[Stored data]

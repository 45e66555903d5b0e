-- ===== src/Llm/Reasoning/Visible.antt =====
-- What `split_reasoning` leaves visible.
use wizard_w.Prelude.{
  ℕ, suc, ◌≡◌, refl, sym, ◌∙◌, ap, Bool, List, [], ◌∷◌, ◌++◌, Option, none, some, arith, length,
  append_assoc, nat_eq,
}
use mathlib.Core.List.{reverse, reverse-append, reverse-reverse}
use wizard_w.Prelude.Strip.{lstrip-suffix}
use wizard_w.Prelude.Text.{Text, lstrip, strip}
use wizard_w.Llm.Reasoning.{Pattern, open_tag, close_tag, search}
use wizard_w.Llm.Reasoning.Patterns.{Post, IsPattern}
use wizard_w.Llm.Reasoning.Patterns.Tags.{open_tag-IsPattern, close_tag-IsPattern}
use wizard_w.Llm.Reasoning.Searches.{Found, search-Found, search-closed, search-suffix}
use wizard_w.Llm.Reasoning.Held.{Ends}
use wizard_w.Llm.Reasoning.Rounds.{match-Exact}
use wizard_w.Llm.Reasoning.Blocks.{
  without_blocks, joined_thoughts, without_dangling, dangling_of, split_reasoning,
}
use wizard_w.Llm.Reasoning.Ended.{IsDone, without_blocks-IsDone}

strip-inside : (s : Text) → (before after : Text) × (s ≡ before ++ (strip s ++ after))
unfolding strip
strip-inside s =
    let front = lstrip-suffix s in
    let back = lstrip-suffix (reverse (lstrip s)) in
    (
      front.0,
      reverse back.0,
      front.1
          ∙ ap (λ t. front.0 ++ t)
              (sym (reverse-reverse (lstrip s))
                ∙ (ap reverse back.1 ∙ reverse-append back.0 (lstrip (reverse (lstrip s))))),
    )

search-strip :
    (p : Pattern) → IsPattern p → (s : Text) → search p s ≡ none → search p (strip s) ≡ none
search-strip p q s h =
    let parts = strip-inside s in
    search-closed p q (strip s) parts.1
      (search-suffix p parts.0 (strip s ++ parts.1) (ap (search p) (sym parts.2) ∙ h))

module _ (is_word : ℕ → Bool) where
  abbrev IsClean : Text → Type 0
  IsClean t = search (open_tag is_word) t ≡ none

  strip-IsClean : (t : Text) → IsClean t → IsClean (strip t)
  strip-IsClean = search-strip (open_tag is_word) (open_tag-IsPattern is_word)

  without_dangling-IsClean : (parts : List Text × Text) → IsClean (without_dangling is_word parts).1
  unfolding without_dangling
  without_dangling-IsClean (thoughts, visible) =
      clean_of (search (open_tag is_word) visible) refl
        (search-Found (open_tag is_word) (open_tag-IsPattern is_word) visible)
    where
      clean_of :
          (o : Option (Text × Text))
          → search (open_tag is_word) visible ≡ o
          → Post (λ (f : Text × Text). Found (open_tag is_word) visible f.0 f.1) o
          → IsClean
              (elim o as (λ x. Text × Text) [
                | some (before, after) ↦
                    (joined_thoughts (thoughts ++ (strip after ∷ [])), strip before)
                | none ↦ (joined_thoughts thoughts, strip visible)
              ]).1
      clean_of none e f = strip-IsClean visible e
      clean_of (some (before, after)) e f = strip-IsClean before f.first

  -- Splitting a response ends, and what it leaves visible holds no opening tag of a thought.
  pub split_reasoning-clean :
      (text : Text)
      → Ends
          (λ (o : Text × Text). search (open_tag is_word) o.1 ≡ none)
          (split_reasoning is_word text)
  unfolding split_reasoning
  split_reasoning-clean text = opening_of (search (open_tag is_word) text) refl
    where
      whole_text : Option (Text × Text)
      whole_text = dangling_of is_word (without_blocks is_word (suc (length text)) text)

      Clean : Option (Text × Text) → Type 0
      Clean = Ends (λ (o : Text × Text). search (open_tag is_word) o.1 ≡ none)

      dangling : (o : Option (List Text × Text)) → IsDone is_word o → Clean (dangling_of is_word o)
      dangling none k = k
      dangling (some parts) k = without_dangling-IsClean parts

      rest : Clean whole_text
      rest =
          dangling (without_blocks is_word (suc (length text)) text)
            (without_blocks-IsDone is_word (suc (length text)) text (omega arith))

      closing_of :
          (o : Option (Text × Text))
          → search (open_tag is_word) text ≡ none
          → Post (λ (f : Text × Text). Found close_tag text f.0 f.1) o
          → Clean (elim o as (λ x. Option (Text × Text)) [
            | some (before, after) ↦ some (strip before, strip after)
            | none ↦ whole_text
          ])
      closing_of none e f = rest
      closing_of (some (before, after)) e f =
          let x = match-Exact is_word close_tag close_tag-IsPattern f.at after f.matches in
          strip-IsClean after (
            search-suffix (open_tag is_word) (before ++ x.tag) after (
              ap (search (open_tag is_word))
                (append_assoc before x.tag after ∙ sym (f.cut ∙ ap (λ t. before ++ t) x.cut))
              ∙ e))

      opening_of :
          (o : Option (Text × Text))
          → search (open_tag is_word) text ≡ o
          → Clean (elim o as (λ x. Option (Text × Text)) [
            | none ↦ elim (search close_tag text) as (λ x. Option (Text × Text)) [
              | some (before, after) ↦ some (strip before, strip after)
              | none ↦ whole_text
            ]
            | some f ↦ whole_text
          ])
      opening_of none e =
          closing_of (search close_tag text) e (search-Found close_tag close_tag-IsPattern text)
      opening_of (some f) e = rest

## INSTRUCTIONS FOR THE TASK
Render the whole set of entries again, exactly as given.

## COMPLETED TASK
repository 45e66555903d5b0e
-- ===== src/Llm/Reasoning/Visible.antt =====
-- What `split_reasoning` leaves visible.
use wizard_w.Prelude.{
  ℕ, suc, ◌≡◌, refl, sym, ◌∙◌, ap, Bool, List, [], ◌∷◌, ◌++◌, Option, none, some, arith, length,
  append_assoc, nat_eq,
}
use mathlib.Core.List.{reverse, reverse-append, reverse-reverse}
use wizard_w.Prelude.Strip.{lstrip-suffix}
use wizard_w.Prelude.Text.{Text, lstrip, strip}
use wizard_w.Llm.Reasoning.{Pattern, open_tag, close_tag, search}
use wizard_w.Llm.Reasoning.Patterns.{Post, IsPattern}
use wizard_w.Llm.Reasoning.Patterns.Tags.{open_tag-IsPattern, close_tag-IsPattern}
use wizard_w.Llm.Reasoning.Searches.{Found, search-Found, search-closed, search-suffix}
use wizard_w.Llm.Reasoning.Held.{Ends}
use wizard_w.Llm.Reasoning.Rounds.{match-Exact}
use wizard_w.Llm.Reasoning.Blocks.{
  without_blocks, joined_thoughts, without_dangling, dangling_of, split_reasoning,
}
use wizard_w.Llm.Reasoning.Ended.{IsDone, without_blocks-IsDone}

strip-inside : (s : Text) → (before after : Text) × (s ≡ before ++ (strip s ++ after))
unfolding strip
strip-inside s =
    let front = lstrip-suffix s in
    let back = lstrip-suffix (reverse (lstrip s)) in
    (
      front.0,
      reverse back.0,
      front.1
          ∙ ap (λ t. front.0 ++ t)
              (sym (reverse-reverse (lstrip s))
                ∙ (ap reverse back.1 ∙ reverse-append back.0 (lstrip (reverse (lstrip s))))),
    )

search-strip :
    (p : Pattern) → IsPattern p → (s : Text) → search p s ≡ none → search p (strip s) ≡ none
search-strip p q s h =
    let parts = strip-inside s in
    search-closed p q (strip s) parts.1
      (search-suffix p parts.0 (strip s ++ parts.1) (ap (search p) (sym parts.2) ∙ h))

module _ (is_word : ℕ → Bool) where
  abbrev IsClean : Text → Type 0
  IsClean t = search (open_tag is_word) t ≡ none

  strip-IsClean : (t : Text) → IsClean t → IsClean (strip t)
  strip-IsClean = search-strip (open_tag is_word) (open_tag-IsPattern is_word)

  without_dangling-IsClean : (parts : List Text × Text) → IsClean (without_dangling is_word parts).1
  unfolding without_dangling
  without_dangling-IsClean (thoughts, visible) =
      clean_of (search (open_tag is_word) visible) refl
        (search-Found (open_tag is_word) (open_tag-IsPattern is_word) visible)
    where
      clean_of :
          (o : Option (Text × Text))
          → search (open_tag is_word) visible ≡ o
          → Post (λ (f : Text × Text). Found (open_tag is_word) visible f.0 f.1) o
          → IsClean
              (elim o as (λ x. Text × Text) [
                | some (before, after) ↦
                    (joined_thoughts (thoughts ++ (strip after ∷ [])), strip before)
                | none ↦ (joined_thoughts thoughts, strip visible)
              ]).1
      clean_of none e f = strip-IsClean visible e
      clean_of (some (before, after)) e f = strip-IsClean before f.first

  -- Splitting a response ends, and what it leaves visible holds no opening tag of a thought.
  pub split_reasoning-clean :
      (text : Text)
      → Ends
          (λ (o : Text × Text). search (open_tag is_word) o.1 ≡ none)
          (split_reasoning is_word text)
  unfolding split_reasoning
  split_reasoning-clean text = opening_of (search (open_tag is_word) text) refl
    where
      whole_text : Option (Text × Text)
      whole_text = dangling_of is_word (without_blocks is_word (suc (length text)) text)

      Clean : Option (Text × Text) → Type 0
      Clean = Ends (λ (o : Text × Text). search (open_tag is_word) o.1 ≡ none)

      dangling : (o : Option (List Text × Text)) → IsDone is_word o → Clean (dangling_of is_word o)
      dangling none k = k
      dangling (some parts) k = without_dangling-IsClean parts

      rest : Clean whole_text
      rest =
          dangling (without_blocks is_word (suc (length text)) text)
            (without_blocks-IsDone is_word (suc (length text)) text (omega arith))

      closing_of :
          (o : Option (Text × Text))
          → search (open_tag is_word) text ≡ none
          → Post (λ (f : Text × Text). Found close_tag text f.0 f.1) o
          → Clean (elim o as (λ x. Option (Text × Text)) [
            | some (before, after) ↦ some (strip before, strip after)
            | none ↦ whole_text
          ])
      closing_of none e f = rest
      closing_of (some (before, after)) e f =
          let x = match-Exact is_word close_tag close_tag-IsPattern f.at after f.matches in
          strip-IsClean after (
            search-suffix (open_tag is_word) (before ++ x.tag) after (
              ap (search (open_tag is_word))
                (append_assoc before x.tag after ∙ sym (f.cut ∙ ap (λ t. before ++ t) x.cut))
              ∙ e))

      opening_of :
          (o : Option (Text × Text))
          → search (open_tag is_word) text ≡ o
          → Clean (elim o as (λ x. Option (Text × Text)) [
            | none ↦ elim (search close_tag text) as (λ x. Option (Text × Text)) [
              | some (before, after) ↦ some (strip before, strip after)
              | none ↦ whole_text
            ]
            | some f ↦ whole_text
          ])
      opening_of none e =
          closing_of (search close_tag text) e (search-Found close_tag close_tag-IsPattern text)
      opening_of (some f) e = rest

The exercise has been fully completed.